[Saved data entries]
........

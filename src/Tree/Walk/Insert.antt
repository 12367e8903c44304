-- ===== src/Tree/Walk/Insert.antt =====
-- What a new node at the end of the array changes: the walks that match it end there, and all other
-- walks find what they found before.
use okscada.Prelude.{
  ℕ, zero, suc, ◌+◌, ◌<◌, ◌≡◌, refl, sym, ◌∙◌, ap, ◌≢◌, ◌⊎◌, inl, inr, List, length, get_or, arith,
  some, none,
}
use native.Mathlib.Decide.{ℕ_discrete}
use okscada.Tree.Walk.{TreeNode, node, branch, walk, miss, found, nlinks, no_links}
use okscada.Tree.Walk.Links.{IsUp, LinksUp, HasFuel, next-HasFuel}

-- `e'` is `e` with node `n` behind it, whose index stands in links that were null.
pub record Extends (e e' : List TreeNode) (n : TreeNode) : Type 0 where
  pub size : length e' ≡ suc (length e)
  pub last : node e' (length e) ≡ n
  pub fresh : n.link ≡ no_links
  pub same_key : (i : ℕ) → 0 < i → i < length e → (node e' i).key ≡ (node e i).key
  pub same_len : (i : ℕ) → 0 < i → i < length e → (node e' i).len ≡ (node e i).len
  pub same_val : (i : ℕ) → 0 < i → i < length e → (node e' i).val ≡ (node e i).val
  pub same_size : (i : ℕ) → 0 < i → i < length e → length (node e' i).link ≡ length (node e i).link
  pub links :
      (i k : ℕ)
      → 0 < i
      → i < length e
      → k < nlinks
      → (get_or (node e' i).link k 0 ≡ get_or (node e i).link k 0)
        ⊎ ((get_or (node e i).link k 0 ≡ 0) × (get_or (node e' i).link k 0 ≡ length e))

no_links_null : (k : ℕ) → k < nlinks → get_or no_links k 0 ≡ 0
no_links_null zero h = refl
no_links_null (suc zero) h = refl
no_links_null (suc (suc zero)) h = refl
no_links_null (suc (suc (suc zero))) h = refl
no_links_null (suc (suc (suc (suc k)))) h = absurd (omega arith)

module _ (e e' : List TreeNode) (n : TreeNode) (up : LinksUp e) (x : Extends e e' n) where
  links_up :
      (i k : ℕ)
      → i < length e ⊎ (i ≡ length e)
      → 0 < i
      → k < nlinks
      → IsUp e' i (get_or (node e' i).link k 0)
  links_up i k (inl l) h m = ground (arith, x.links i k h l m, up.up i k h l m, x.size)
  links_up i k (inr z) h m = inl (ground (arith, x.last, x.fresh, no_links_null k m))

  link_lengths : (i : ℕ) → i < length e ⊎ (i ≡ length e) → 0 < i → length (node e' i).link ≡ nlinks
  link_lengths i (inl l) h = x.same_size i h l ∙ up.four i h l
  link_lengths i (inr z) h = ground (arith, x.last, x.fresh)

  below_or_last : (i : ℕ) → i < length e' → i < length e ⊎ (i ≡ length e)
  below_or_last i h = grind (arith, x.size)

  pub Extends-LinksUp : LinksUp e'
  Extends-LinksUp = record {
    nonempty = omega (arith, x.size);
    up = λ i k h l m. links_up i k (below_or_last i l) h m;
    four = λ i h l. link_lengths i (below_or_last i l) h;
  }

  module _ (probe : ℕ → ℕ → ℕ) where
    pub new_found :
        (fuel pno k lev : ℕ)
        → probe n.key n.len ≡ 0
        → found (walk probe (suc fuel) e' (length e) pno k lev) ≡ some (length e)
    unfolding walk
    new_found fuel pno k lev h = ground (arith, x.last, up.nonempty)

    new_missed :
        (fuel pno k lev : ℕ)
        → probe n.key n.len ≢ 0
        → found (walk probe (suc (suc fuel)) e' (length e) pno k lev) ≡ none
    unfolding walk
    new_missed fuel pno k lev h =
        ground (arith, x.last, x.fresh, up.nonempty, no_links_null (branch probe n))

    -- A node that is no match sends the walk on to its link.
    walk_step :
        (e : List TreeNode) (fuel i a b c : ℕ)
        → i ≢ 0
        → probe (node e i).key (node e i).len ≢ 0
        → walk probe (suc fuel) e i a b c
          ≡ walk probe fuel e
              (get_or (node e i).link (branch probe (node e i)) 0)
              i
              (branch probe (node e i))
              (c + 1)
    unfolding walk
    walk_step e fuel i a b c nz ne = ground arith

    same_branch :
        (i : ℕ) → 0 < i → i < length e → branch probe (node e' i) ≡ branch probe (node e i)
    same_branch i h l = rw (x.same_key i h l, x.same_len i h l)

    pub walk_null :
        (e : List TreeNode) (fuel i a b c : ℕ) → i ≡ 0 → found (walk probe fuel e i a b c) ≡ none
    unfolding walk
    walk_null e zero i a b c z = refl
    walk_null e (suc fuel) i a b c z = ground arith

    walk_match :
        (e : List TreeNode) (fuel i a b c : ℕ)
        → i ≢ 0
        → probe (node e i).key (node e i).len ≡ 0
        → found (walk probe (suc fuel) e i a b c) ≡ some i
    unfolding walk
    walk_match e fuel i a b c nz z = ground arith

    pub missed_from :
        (fuel i a b c : ℕ)
        → probe n.key n.len ≢ 0
        → 0 < fuel
        → i ≡ length e
        → found (walk probe (suc fuel) e' i a b c) ≡ none
    missed_from zero i a b c ne h z = elim h [ ]
    missed_from (suc fuel) i a b c ne h z = rw z (new_missed fuel a b c ne)

    -- One link further, if the walks agree from there on.
    follow :
        (fuel j' j a b c a' b' c' : ℕ)
        → (j' ≡ j) ⊎ ((j ≡ 0) × (j' ≡ length e))
        → probe n.key n.len ≢ 0
        → HasFuel fuel e j
        → found (walk probe (suc fuel) e' j a b c) ≡ found (walk probe fuel e j a' b' c')
        → found (walk probe (suc fuel) e' j' a b c) ≡ found (walk probe fuel e j a' b' c')
    follow fuel j' j a b c a' b' c' (inl s) ne h agree = rw s agree
    follow fuel j' j a b c a' b' c' (inr (z, w)) ne h agree =
        missed_from fuel j' a b c ne (omega arith) w ∙ sym (walk_null e fuel j a' b' c' z)

    -- A walk that the new node does not match finds what it found before.
    pub walk-other :
        (fuel i a b c a' b' c' : ℕ)
        → probe n.key n.len ≢ 0
        → HasFuel fuel e i
        → found (walk probe (suc fuel) e' i a b c) ≡ found (walk probe fuel e i a' b' c')
    walk-other zero i a b c a' b' c' ne h = absurd (omega arith)
    walk-other (suc fuel) i a b c a' b' c' ne (inl (z, h)) =
        walk_null e' (suc (suc fuel)) i a b c z ∙ sym (walk_null e (suc fuel) i a' b' c' z)
    walk-other (suc fuel) i a b c a' b' c' ne (inr (pos, l, h)) =
        let k = branch probe (node e i) in
        let j = get_or (node e i).link k 0 in
        let hj = next-HasFuel probe e up fuel i (omega arith) (inr (pos, l, h)) in
        elim (ℕ_discrete (probe (node e i).key (node e i).len) 0) [
          | yes z ↦
              walk_match e' (suc fuel) i a b c (omega arith)
                (rw (x.same_key i pos l, x.same_len i pos l) z)
              ∙ sym (walk_match e fuel i a' b' c' (omega arith) z)
          | no nz ↦
              ap found (
                walk_step e' (suc fuel) i a b c (omega arith)
                  (rw (x.same_key i pos l, x.same_len i pos l) nz))
              ∙ rw (same_branch i pos l) (
                  follow fuel (get_or (node e' i).link k 0) j i k (c + 1) i k (c' + 1)
                    (x.links i k pos l (omega arith)) ne hj
                    (walk-other fuel j i k (c + 1) i k (c' + 1) ne hj))
              ∙ sym (ap found (walk_step e fuel i a' b' c' (omega arith) nz))
        ]

    missed_no_match :
        (fuel i a b c pno k lev : ℕ)
        → i ≢ 0
        → probe (node e i).key (node e i).len ≡ 0
        → walk probe (suc fuel) e i a b c ≡ miss pno k lev
        → ⊥
    unfolding walk
    missed_no_match fuel i a b c pno k lev nz z h = ground arith

    same_link :
        (i k : ℕ)
        → 0 < i
        → i < length e
        → k < nlinks
        → get_or (node e i).link k 0 ≢ 0
        → get_or (node e' i).link k 0 ≡ get_or (node e i).link k 0
    same_link i k h l m nz = ground (arith, x.links i k h l m)

    -- The walk stood at the null link that now leads to the new node.
    arrive :
        (fuel j i b c pno k lev : ℕ)
        → probe n.key n.len ≡ 0
        → j ≡ 0
        → walk probe fuel e j i b c ≡ miss pno k lev
        → get_or (node e' pno).link k 0 ≡ length e
        → found (walk probe (suc fuel) e' (get_or (node e' i).link b 0) i b c) ≡ some (length e)
    unfolding walk
    arrive zero j i b c pno k lev m z e₁ e₂ = cc
    arrive (suc fuel) j i b c pno k lev m z e₁ e₂ = ground (arith, x.last, up.nonempty)

    -- A walk that ended at the link where the new node now stands ends at the new node.
    pub walk_self :
        (fuel i a b c pno k lev : ℕ)
        → probe n.key n.len ≡ 0
        → i ≢ 0
        → HasFuel fuel e i
        → walk probe fuel e i a b c ≡ miss pno k lev
        → get_or (node e' pno).link k 0 ≡ length e
        → found (walk probe (suc fuel) e' i a b c) ≡ some (length e)
    walk_self zero i a b c pno k lev m nz h e₁ e₂ = absurd (omega arith)
    walk_self (suc fuel) i a b c pno k lev m nz (inl (z, h)) e₁ e₂ = absurd (nz z)
    walk_self (suc fuel) i a b c pno k lev m nz (inr (pos, l, h)) e₁ e₂ =
        let b' = branch probe (node e i) in
        let j = get_or (node e i).link b' 0 in
        let hj = next-HasFuel probe e up fuel i nz (inr (pos, l, h)) in
        elim (ℕ_discrete (probe (node e i).key (node e i).len) 0) [
          | yes z ↦ absurd (missed_no_match fuel i a b c pno k lev nz z e₁)
          | no ne ↦
              let e₃ = sym (walk_step e fuel i a b c nz ne) ∙ e₁ in
              ap found (
                walk_step e' (suc fuel) i a b c nz (rw (x.same_key i pos l, x.same_len i pos l) ne))
              ∙ rw (same_branch i pos l) (elim (ℕ_discrete j 0) [
                | yes z ↦ arrive fuel j i b' (c + 1) pno k lev m z e₃ e₂
                | no nj ↦
                    rw (same_link i b' pos l (omega arith) nj)
                      (walk_self fuel j i b' (c + 1) pno k lev m nj hj e₃ e₂)
              ])
        ]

........

Within the entries above, find the string "refl" and return each line that holds it.

ANSWER SPACE -
  ℕ, zero, suc, ◌+◌, ◌<◌, ◌≡◌, refl, sym, ◌∙◌, ap, ◌≢◌, ◌⊎◌, inl, inr, List, length, get_or, arith,
no_links_null zero h = refl
no_links_null (suc zero) h = refl
no_links_null (suc (suc zero)) h = refl
no_links_null (suc (suc (suc zero))) h = refl
    walk_null e zero i a b c z = refl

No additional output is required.